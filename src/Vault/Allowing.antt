-- ===== src/Vault/Allowing.antt =====
-- Which commands a value may be handed to: `allow`, `disallow` and `isAllowed` of src/core/vault.ts.
use agent_working_memory.Base.{
  any-select, ℕ, ◌≡◌, refl, ap, Bool, true, false, some, List, [], ◌∷◌, ◌++◌, Text, any, select,
  text_eq, trim, Bool-cases, inl, inr, Option-cases, arith, ◌∙◌, ◌||◌, ◌&&◌, ◌⊎◌, codes, not,
  text_eq_refl, text_eq_iff, starts_with, subst, sym, starts_with_sound, find?-sound,
  find?-update_where_self,
}
use mathlib.Core.List.{append_assoc}
use agent_working_memory.Vault.{
  Row, Vault, allow_prefix, disallow_prefix, is_allowed, set_allow, has_id, has_prefix, row_of,
  normalise_id, distinct_from, has_shell_chaining, is_chaining,
}

-- What a value's item answers for a command.
answer : Text → List Text → Bool
answer cmd ps = not (has_shell_chaining cmd) && any (has_prefix (trim cmd)) ps

is_allowed-answer :
    (id cmd : Text) (v : Vault) {r : Row}
    → row_of id v ≡ some r
    → is_allowed id cmd v ≡ some (answer cmd r.allow)
unfolding is_allowed answer
is_allowed-answer id cmd v e = rw (is_allowed, e) (ground arith)

answer-true :
    (cmd : Text) (ps : List Text)
    → answer cmd ps ≡ true
    → (has_shell_chaining cmd ≡ false) × (any (has_prefix (trim cmd)) ps ≡ true)
unfolding answer
answer-true cmd ps h = ground arith

-- The item that an id names has its normalised form as id, and carries the new list after an update.
row_of-set_allow :
    (id : Text) (ps : List Text) (v : Vault) {r : Row}
    → row_of id v ≡ some r
    → row_of id (set_allow r.id ps v) ≡ some (record r { allow = ps })
row_of-set_allow id ps v {r} e =
    subst (λ t. row_of id (set_allow t ps v) ≡ some (record r { allow = ps }))
      (sym
        ((text_eq_iff r.id (normalise_id id)).0 (find?-sound (has_id (normalise_id id)) v.items e)))
      (find?-update_where_self (has_id (normalise_id id)) (λ r. record r { allow = ps }) (λ x h. h)
        v.items e)

any-text_eq :
    (q : Text → Bool) (p : Text) (seen : List Text)
    → any (λ t. text_eq t p) seen ≡ true
    → q p ≡ true
    → any q seen ≡ true
any-text_eq q p [] h k = cc
any-text_eq q p (t ∷ seen) h k = elim (Bool-cases (text_eq t p)) [
  | inl e ↦ rw ((text_eq_iff t p).0 e, k) refl
  | inr e ↦ ground (arith, any-text_eq q p seen)
]

-- Taking a prefix once only does not change what is on the list.
any-distinct_from :
    (q : Text → Bool) (seen ps : List Text)
    → (any q (distinct_from seen ps) || any q seen) ≡ (any q ps || any q seen)
any-distinct_from q seen [] = refl
any-distinct_from q seen (p ∷ ps) = elim (Bool-cases (any (λ t. text_eq t p) seen)) [
  | inl e ↦ rw e (ground (arith, any-distinct_from q (p ∷ seen) ps, any-text_eq q p seen))
  | inr e ↦ rw e (ground (arith, any-distinct_from q (p ∷ seen) ps))
]

any-append : (q : Text → Bool) (xs ys : List Text) → any q (xs ++ ys) ≡ (any q xs || any q ys)
any-append q [] ys = refl
any-append q (x ∷ xs) ys = ground (arith, any-append q xs ys)

answer-distinct_from :
    (cmd p : Text) (ps : List Text)
    → answer cmd (distinct_from [] (ps ++ p ∷ []))
      ≡ (answer cmd ps || (not (has_shell_chaining cmd) && has_prefix (trim cmd) p))
unfolding answer
answer-distinct_from cmd p ps =
    let q : Text → Bool = has_prefix (trim cmd) in
    ground (arith, any-distinct_from q [] (ps ++ p ∷ []), any-append q ps (p ∷ []))

answer-select :
    (cmd : Text) (keep : Text → Bool) (ps : List Text)
    → answer cmd (select keep ps)
      ≡ (not (has_shell_chaining cmd) && any (λ p. keep p && has_prefix (trim cmd) p) ps)
unfolding answer
answer-select cmd keep ps =
    ap (◌&&◌ (not (has_shell_chaining cmd))) (any-select (has_prefix (trim cmd)) keep ps)

-- After a prefix is allowed, a command is allowed exactly if it was before, or if it chains nothing and is the trimmed
-- prefix or starts with it and a space.
pub is_allowed-allow_prefix :
    (id prefix cmd : Text) (v : Vault) {w : Vault}
    → allow_prefix id prefix v ≡ some w
    → (b : Bool) × (is_allowed id cmd v ≡ some b)
      × (is_allowed id cmd w
          ≡ some (b || (not (has_shell_chaining cmd) && has_prefix (trim cmd) (trim prefix))))
unfolding allow_prefix
is_allowed-allow_prefix id prefix cmd v {w} e = elim (Option-cases (row_of id v)) [
  | inl n ↦ absurd (ground arith)
  | inr (r, f) ↦
      let ps : List Text = distinct_from [] (r.allow ++ trim prefix ∷ []) in
      let g : set_allow r.id ps v ≡ w = ground arith in
      (
        answer cmd r.allow,
        is_allowed-answer id cmd v f,
        rw (← g) (
            is_allowed-answer id cmd (set_allow r.id ps v) (row_of-set_allow id ps v f)
            ∙ ap some (answer-distinct_from cmd (trim prefix) r.allow)),
      )
]

-- After a prefix is withdrawn, a command is allowed exactly if it chains nothing and another prefix on the item's list
-- allows it.
pub is_allowed-disallow_prefix :
    (id prefix cmd : Text) (v : Vault) {w : Vault}
    → disallow_prefix id prefix v ≡ some w
    → (r : Row) × (row_of id v ≡ some r)
      × (is_allowed id cmd w
          ≡ some (
              not (has_shell_chaining cmd)
              && any (λ p. not (text_eq p (trim prefix)) && has_prefix (trim cmd) p) r.allow))
unfolding disallow_prefix
is_allowed-disallow_prefix id prefix cmd v {w} e = elim (Option-cases (row_of id v)) [
  | inl n ↦ absurd (ground arith)
  | inr (r, f) ↦
      let ps : List Text = select (λ p. not (text_eq p (trim prefix))) r.allow in
      let g : set_allow r.id ps v ≡ w = ground arith in
      (
        r,
        f,
        rw (← g) (
            is_allowed-answer id cmd (set_allow r.id ps v) (row_of-set_allow id ps v f)
            ∙ ap some (answer-select cmd (λ p. not (text_eq p (trim prefix))) r.allow)),
      )
]

-- No character of a text without shell chaining ends a command, and no `$` in it stands before `(`.
has_shell_chaining-false :
    (u s : Text) (c : ℕ)
    → has_shell_chaining (u ++ c ∷ s) ≡ false
    → (is_chaining c ≡ false) × (starts_with (codes "$(") (c ∷ s) ≡ false)
unfolding has_shell_chaining
has_shell_chaining-false [] s c h = ground arith
has_shell_chaining-false (x ∷ u) s c h = has_shell_chaining-false u s c (ground arith)

any-found :
    (q : Text → Bool) (ps : List Text)
    → any q ps ≡ true
    → (p : Text) × (any (text_eq p) ps ≡ true) × (q p ≡ true)
any-found q [] h = cc
any-found q (p ∷ ps) h = elim (Bool-cases (q p)) [
  | inl t ↦ (p, rw (text_eq_refl p) refl, t)
  | inr f ↦ let (p', m, t) = any-found q ps (ground arith) in (p', ground arith, t)
]

has_prefix_sound :
    (c p : Text) → has_prefix c p ≡ true → (c ≡ p) ⊎ ((s : Text) × (c ≡ p ++ b' ' ∷ s))
has_prefix_sound c p h = elim (Bool-cases (text_eq c p)) [
  | inl t ↦ inl ((text_eq_iff c p).0 t)
  | inr f ↦
      let (s, e) = starts_with_sound (p ++ b' ' ∷ []) c (ground arith) in
      inr (s, e ∙ append_assoc p (b' ' ∷ []) s)
]

-- A command that is allowed is, once trimmed, a prefix on the list of the item that the id names, or that prefix, a
-- space and more; and wherever the command is cut, what follows does not start with `;`, `&`, `|`, a backtick,
-- `<`, `>`, a line end or `$(`.
pub is_allowed_sound :
    (id cmd u s : Text) (c : ℕ) (v : Vault)
    → is_allowed id cmd v ≡ some true
    → cmd ≡ u ++ c ∷ s
    → ((r : Row) × (p : Text) × (row_of id v ≡ some r)
        × (any (text_eq p) r.allow ≡ true)
        × ((trim cmd ≡ p) ⊎ ((t : Text) × (trim cmd ≡ p ++ b' ' ∷ t))))
      × (is_chaining c ≡ false)
      × (starts_with (codes "$(") (c ∷ s) ≡ false)
is_allowed_sound id cmd u s c v e q = elim (Option-cases (row_of id v)) [
  | inl n ↦ absurd (unfold is_allowed in ground arith)
  | inr (r, f) ↦
      let (free, listed) = answer-true cmd r.allow (ground (arith, is_allowed-answer id cmd v f)) in
      let (p, m, t) = any-found (has_prefix (trim cmd)) r.allow listed in
      let (k, d) = has_shell_chaining-false u s c (ap has_shell_chaining (sym q) ∙ free) in
      ((r, p, f, m, has_prefix_sound (trim cmd) p t), k, d)
]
━━━━
- _What is required_
Using only the entries above, output the line with "has_shell_chaining-false (x ∷", the line with "any-found q [] h = cc", and all lines between them, exactly as they stand.

- _Expected output_
has_shell_chaining-false (x ∷ u) s c h = has_shell_chaining-false u s c (ground arith)

any-found :
    (q : Text → Bool) (ps : List Text)
    → any q ps ≡ true
    → (p : Text) × (any (text_eq p) ps ≡ true) × (q p ≡ true)
any-found q [] h = cc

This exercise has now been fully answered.